§ **Exercise requirements**
Each line from the one containing "again = found_again m v';" onward, through the end of the entries, is to be transcribed exactly; nothing else is to be included.
═════ Provided entries
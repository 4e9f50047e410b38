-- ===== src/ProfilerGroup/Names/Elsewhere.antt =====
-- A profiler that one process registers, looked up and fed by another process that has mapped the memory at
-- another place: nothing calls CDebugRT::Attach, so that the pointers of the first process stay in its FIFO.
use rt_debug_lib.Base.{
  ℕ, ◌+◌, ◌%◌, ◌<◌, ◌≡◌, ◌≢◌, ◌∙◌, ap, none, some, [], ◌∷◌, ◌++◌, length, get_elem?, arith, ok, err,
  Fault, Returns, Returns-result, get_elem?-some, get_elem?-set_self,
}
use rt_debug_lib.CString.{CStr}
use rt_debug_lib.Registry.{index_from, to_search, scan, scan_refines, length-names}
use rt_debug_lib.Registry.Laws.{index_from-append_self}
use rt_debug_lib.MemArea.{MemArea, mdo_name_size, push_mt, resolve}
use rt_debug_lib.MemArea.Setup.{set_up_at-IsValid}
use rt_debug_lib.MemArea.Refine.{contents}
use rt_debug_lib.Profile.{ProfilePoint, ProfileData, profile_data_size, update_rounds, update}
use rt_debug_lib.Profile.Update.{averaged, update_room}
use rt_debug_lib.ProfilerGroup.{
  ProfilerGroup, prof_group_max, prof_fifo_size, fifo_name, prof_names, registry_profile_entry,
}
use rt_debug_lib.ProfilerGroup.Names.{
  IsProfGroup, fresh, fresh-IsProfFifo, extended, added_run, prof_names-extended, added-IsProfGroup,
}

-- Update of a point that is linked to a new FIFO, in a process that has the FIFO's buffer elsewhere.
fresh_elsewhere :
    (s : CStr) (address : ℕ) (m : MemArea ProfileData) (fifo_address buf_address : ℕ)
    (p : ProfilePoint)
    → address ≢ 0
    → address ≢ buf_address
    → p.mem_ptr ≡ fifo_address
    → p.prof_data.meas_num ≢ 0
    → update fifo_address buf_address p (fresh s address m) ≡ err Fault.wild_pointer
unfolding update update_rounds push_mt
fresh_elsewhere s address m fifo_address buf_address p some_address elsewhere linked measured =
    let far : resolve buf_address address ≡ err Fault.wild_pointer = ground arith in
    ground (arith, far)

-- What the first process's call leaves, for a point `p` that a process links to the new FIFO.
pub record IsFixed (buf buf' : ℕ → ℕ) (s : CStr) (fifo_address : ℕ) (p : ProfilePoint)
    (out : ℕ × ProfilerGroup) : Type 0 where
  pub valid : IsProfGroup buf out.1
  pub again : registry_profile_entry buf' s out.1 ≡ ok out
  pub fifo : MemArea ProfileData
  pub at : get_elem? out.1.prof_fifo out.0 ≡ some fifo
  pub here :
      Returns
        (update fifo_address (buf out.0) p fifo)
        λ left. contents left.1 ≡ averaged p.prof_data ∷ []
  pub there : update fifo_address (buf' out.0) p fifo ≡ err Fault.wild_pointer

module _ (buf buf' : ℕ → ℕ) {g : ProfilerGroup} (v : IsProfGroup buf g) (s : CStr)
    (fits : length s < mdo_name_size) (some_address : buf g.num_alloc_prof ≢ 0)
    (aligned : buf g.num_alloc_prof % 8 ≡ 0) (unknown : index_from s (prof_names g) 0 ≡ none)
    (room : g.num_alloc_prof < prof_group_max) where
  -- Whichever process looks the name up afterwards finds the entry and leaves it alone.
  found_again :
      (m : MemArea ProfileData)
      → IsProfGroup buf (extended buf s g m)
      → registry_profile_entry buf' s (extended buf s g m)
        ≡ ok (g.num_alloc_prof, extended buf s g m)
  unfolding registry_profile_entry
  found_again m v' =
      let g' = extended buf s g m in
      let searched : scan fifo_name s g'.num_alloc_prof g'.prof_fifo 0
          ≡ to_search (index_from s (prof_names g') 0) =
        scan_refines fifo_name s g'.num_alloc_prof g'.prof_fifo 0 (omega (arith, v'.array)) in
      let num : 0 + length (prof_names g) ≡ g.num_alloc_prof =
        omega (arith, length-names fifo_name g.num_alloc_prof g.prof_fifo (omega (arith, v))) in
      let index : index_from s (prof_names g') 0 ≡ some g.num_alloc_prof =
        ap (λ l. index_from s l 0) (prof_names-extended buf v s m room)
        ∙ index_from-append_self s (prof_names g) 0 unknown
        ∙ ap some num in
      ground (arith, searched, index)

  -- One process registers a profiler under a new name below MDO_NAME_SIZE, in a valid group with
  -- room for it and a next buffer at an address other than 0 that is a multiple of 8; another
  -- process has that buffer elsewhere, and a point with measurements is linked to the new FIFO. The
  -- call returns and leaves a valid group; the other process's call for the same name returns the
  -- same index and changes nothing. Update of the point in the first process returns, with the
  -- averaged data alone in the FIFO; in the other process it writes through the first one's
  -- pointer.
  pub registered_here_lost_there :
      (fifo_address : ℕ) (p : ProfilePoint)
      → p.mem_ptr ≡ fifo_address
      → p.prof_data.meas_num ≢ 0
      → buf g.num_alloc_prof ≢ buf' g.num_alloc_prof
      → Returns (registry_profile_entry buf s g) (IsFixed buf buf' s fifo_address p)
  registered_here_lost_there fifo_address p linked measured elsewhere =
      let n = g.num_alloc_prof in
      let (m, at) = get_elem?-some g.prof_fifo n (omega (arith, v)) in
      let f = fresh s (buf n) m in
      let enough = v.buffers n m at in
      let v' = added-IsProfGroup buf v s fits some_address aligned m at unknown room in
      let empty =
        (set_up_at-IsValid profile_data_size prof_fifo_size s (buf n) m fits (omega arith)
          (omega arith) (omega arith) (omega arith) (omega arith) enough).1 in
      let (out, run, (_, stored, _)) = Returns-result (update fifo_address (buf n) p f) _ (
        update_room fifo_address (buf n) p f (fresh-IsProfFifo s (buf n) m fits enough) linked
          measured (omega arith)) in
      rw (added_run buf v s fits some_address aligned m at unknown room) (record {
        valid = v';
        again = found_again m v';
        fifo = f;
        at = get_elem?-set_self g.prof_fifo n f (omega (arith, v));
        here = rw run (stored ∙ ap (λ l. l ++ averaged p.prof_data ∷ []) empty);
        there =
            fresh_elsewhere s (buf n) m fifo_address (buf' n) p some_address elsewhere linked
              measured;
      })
══════════
§ **Finished exercise**
        again = found_again m v';
        fifo = f;
        at = get_elem?-set_self g.prof_fifo n f (omega (arith, v));
        here = rw run (stored ∙ ap (λ l. l ++ averaged p.prof_data ∷ []) empty);
        there =
            fresh_elsewhere s (buf n) m fifo_address (buf' n) p some_address elsewhere linked
              measured;
      })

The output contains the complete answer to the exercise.